(Data supplied)

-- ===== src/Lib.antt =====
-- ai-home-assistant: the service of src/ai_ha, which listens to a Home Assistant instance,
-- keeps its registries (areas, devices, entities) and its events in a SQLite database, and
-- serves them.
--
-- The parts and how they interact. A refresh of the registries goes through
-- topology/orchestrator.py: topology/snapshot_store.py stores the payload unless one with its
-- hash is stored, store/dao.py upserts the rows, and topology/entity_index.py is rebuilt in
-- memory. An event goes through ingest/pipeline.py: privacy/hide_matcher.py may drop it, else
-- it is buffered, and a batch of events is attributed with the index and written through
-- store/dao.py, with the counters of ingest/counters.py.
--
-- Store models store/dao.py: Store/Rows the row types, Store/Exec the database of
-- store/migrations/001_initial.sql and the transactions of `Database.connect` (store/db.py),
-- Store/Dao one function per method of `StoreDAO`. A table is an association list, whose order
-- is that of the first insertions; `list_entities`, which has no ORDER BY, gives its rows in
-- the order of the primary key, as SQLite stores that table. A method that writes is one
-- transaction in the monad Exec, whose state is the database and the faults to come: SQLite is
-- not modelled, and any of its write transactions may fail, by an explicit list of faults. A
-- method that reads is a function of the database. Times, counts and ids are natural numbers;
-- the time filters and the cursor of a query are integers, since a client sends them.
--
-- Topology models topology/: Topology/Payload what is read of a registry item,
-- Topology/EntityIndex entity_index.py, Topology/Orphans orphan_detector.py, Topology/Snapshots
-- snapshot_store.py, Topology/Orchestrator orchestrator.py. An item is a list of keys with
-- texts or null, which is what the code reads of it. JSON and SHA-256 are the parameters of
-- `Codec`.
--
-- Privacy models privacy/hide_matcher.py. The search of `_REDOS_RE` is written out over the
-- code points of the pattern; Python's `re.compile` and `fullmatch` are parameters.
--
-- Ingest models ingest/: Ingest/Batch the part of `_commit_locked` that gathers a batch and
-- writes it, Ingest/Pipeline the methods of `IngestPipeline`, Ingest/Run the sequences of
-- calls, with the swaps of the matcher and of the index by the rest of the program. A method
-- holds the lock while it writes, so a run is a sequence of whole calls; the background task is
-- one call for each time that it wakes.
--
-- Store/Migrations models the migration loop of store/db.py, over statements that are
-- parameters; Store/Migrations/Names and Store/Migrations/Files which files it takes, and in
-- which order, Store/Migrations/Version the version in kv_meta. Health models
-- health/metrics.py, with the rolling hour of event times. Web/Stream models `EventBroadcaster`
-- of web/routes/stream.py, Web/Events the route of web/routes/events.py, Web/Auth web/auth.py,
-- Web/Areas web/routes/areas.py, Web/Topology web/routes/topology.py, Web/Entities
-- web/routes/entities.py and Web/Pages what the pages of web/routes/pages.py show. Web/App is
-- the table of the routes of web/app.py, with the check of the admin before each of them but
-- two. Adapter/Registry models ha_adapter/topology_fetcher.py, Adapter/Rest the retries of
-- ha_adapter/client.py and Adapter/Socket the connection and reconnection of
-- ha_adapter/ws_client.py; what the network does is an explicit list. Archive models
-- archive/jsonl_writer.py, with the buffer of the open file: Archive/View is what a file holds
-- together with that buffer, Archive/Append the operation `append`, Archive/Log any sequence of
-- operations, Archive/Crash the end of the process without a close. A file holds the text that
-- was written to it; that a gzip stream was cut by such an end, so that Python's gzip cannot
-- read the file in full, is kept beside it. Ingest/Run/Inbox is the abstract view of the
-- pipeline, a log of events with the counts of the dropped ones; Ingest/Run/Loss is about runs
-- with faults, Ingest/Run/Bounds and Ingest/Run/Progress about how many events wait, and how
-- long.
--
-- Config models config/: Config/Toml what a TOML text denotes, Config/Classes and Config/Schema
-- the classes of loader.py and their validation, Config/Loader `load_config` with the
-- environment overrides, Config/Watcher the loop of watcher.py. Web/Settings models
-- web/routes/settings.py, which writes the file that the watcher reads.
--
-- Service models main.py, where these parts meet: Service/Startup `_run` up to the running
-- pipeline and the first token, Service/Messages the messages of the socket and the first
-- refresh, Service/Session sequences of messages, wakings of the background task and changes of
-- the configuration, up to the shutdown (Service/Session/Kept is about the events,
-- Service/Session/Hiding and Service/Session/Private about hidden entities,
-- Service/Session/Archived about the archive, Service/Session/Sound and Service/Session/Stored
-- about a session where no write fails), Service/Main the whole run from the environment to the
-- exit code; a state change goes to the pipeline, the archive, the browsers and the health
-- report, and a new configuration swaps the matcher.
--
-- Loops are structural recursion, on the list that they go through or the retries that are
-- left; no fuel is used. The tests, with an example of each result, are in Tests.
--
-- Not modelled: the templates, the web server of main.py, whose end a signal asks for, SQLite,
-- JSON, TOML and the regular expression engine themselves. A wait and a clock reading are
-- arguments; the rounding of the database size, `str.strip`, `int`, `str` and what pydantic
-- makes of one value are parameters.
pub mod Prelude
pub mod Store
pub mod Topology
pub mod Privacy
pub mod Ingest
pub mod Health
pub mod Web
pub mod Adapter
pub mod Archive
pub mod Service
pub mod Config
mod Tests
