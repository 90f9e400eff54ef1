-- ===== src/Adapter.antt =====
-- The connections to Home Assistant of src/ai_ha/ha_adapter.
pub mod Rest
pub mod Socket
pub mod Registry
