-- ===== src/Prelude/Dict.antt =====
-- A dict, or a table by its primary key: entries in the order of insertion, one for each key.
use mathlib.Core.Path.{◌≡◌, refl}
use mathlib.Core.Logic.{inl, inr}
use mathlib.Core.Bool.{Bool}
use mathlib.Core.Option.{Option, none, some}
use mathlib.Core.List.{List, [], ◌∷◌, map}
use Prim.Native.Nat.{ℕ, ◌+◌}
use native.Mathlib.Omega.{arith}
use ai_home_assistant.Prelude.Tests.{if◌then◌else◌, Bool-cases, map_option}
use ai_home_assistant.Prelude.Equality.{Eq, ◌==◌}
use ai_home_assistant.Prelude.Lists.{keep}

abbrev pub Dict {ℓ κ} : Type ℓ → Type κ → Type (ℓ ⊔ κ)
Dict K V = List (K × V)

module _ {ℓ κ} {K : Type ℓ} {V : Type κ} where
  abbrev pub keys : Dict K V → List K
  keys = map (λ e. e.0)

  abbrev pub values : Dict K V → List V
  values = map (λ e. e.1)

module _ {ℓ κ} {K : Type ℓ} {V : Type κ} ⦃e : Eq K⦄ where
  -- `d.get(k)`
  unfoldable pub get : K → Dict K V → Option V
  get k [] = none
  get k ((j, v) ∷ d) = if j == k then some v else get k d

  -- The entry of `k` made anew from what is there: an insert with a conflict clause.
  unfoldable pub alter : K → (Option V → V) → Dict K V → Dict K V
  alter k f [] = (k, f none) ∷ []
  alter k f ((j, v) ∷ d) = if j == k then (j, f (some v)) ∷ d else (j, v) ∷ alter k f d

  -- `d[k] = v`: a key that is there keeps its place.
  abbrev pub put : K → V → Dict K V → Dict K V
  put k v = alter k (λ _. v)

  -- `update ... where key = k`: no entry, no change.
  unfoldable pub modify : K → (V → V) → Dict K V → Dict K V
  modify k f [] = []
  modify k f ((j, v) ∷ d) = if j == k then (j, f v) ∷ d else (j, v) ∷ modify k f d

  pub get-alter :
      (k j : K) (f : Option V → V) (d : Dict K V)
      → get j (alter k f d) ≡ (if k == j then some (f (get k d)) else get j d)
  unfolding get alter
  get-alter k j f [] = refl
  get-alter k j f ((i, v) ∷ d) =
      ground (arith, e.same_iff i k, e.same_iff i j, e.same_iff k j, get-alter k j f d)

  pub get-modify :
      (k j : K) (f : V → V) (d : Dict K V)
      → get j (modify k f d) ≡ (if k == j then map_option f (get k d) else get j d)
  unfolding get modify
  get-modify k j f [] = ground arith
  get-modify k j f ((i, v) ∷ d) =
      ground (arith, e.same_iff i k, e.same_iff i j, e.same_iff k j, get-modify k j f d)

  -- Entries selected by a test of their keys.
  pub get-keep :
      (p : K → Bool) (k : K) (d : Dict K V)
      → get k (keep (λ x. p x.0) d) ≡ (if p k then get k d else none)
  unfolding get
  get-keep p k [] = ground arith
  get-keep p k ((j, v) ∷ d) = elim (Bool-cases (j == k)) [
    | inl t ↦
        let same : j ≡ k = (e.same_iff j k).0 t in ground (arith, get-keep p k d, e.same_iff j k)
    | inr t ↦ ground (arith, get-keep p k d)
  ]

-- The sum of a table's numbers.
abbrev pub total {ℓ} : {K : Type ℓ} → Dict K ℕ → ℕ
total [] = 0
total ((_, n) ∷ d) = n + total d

(End Data supplied)

* What to work on: Please give again the lines above between the line holding "-- not modelled, and" and the line holding "-- Ingest models", inclusive, exactly as they are and with nothing added.

* Expected answer:
-- not modelled, and any of its write transactions may fail, by an explicit list of faults. A
-- method that reads is a function of the database. Times, counts and ids are natural numbers;
-- the time filters and the cursor of a query are integers, since a client sends them.
--
-- Topology models topology/: Topology/Payload what is read of a registry item,
-- Topology/EntityIndex entity_index.py, Topology/Orphans orphan_detector.py, Topology/Snapshots
-- snapshot_store.py, Topology/Orchestrator orchestrator.py. An item is a list of keys with
-- texts or null, which is what the code reads of it. JSON and SHA-256 are the parameters of
-- `Codec`.
--
-- Privacy models privacy/hide_matcher.py. The search of `_REDOS_RE` is written out over the
-- code points of the pattern; Python's `re.compile` and `fullmatch` are parameters.
--
-- Ingest models ingest/: Ingest/Batch the part of `_commit_locked` that gathers a batch and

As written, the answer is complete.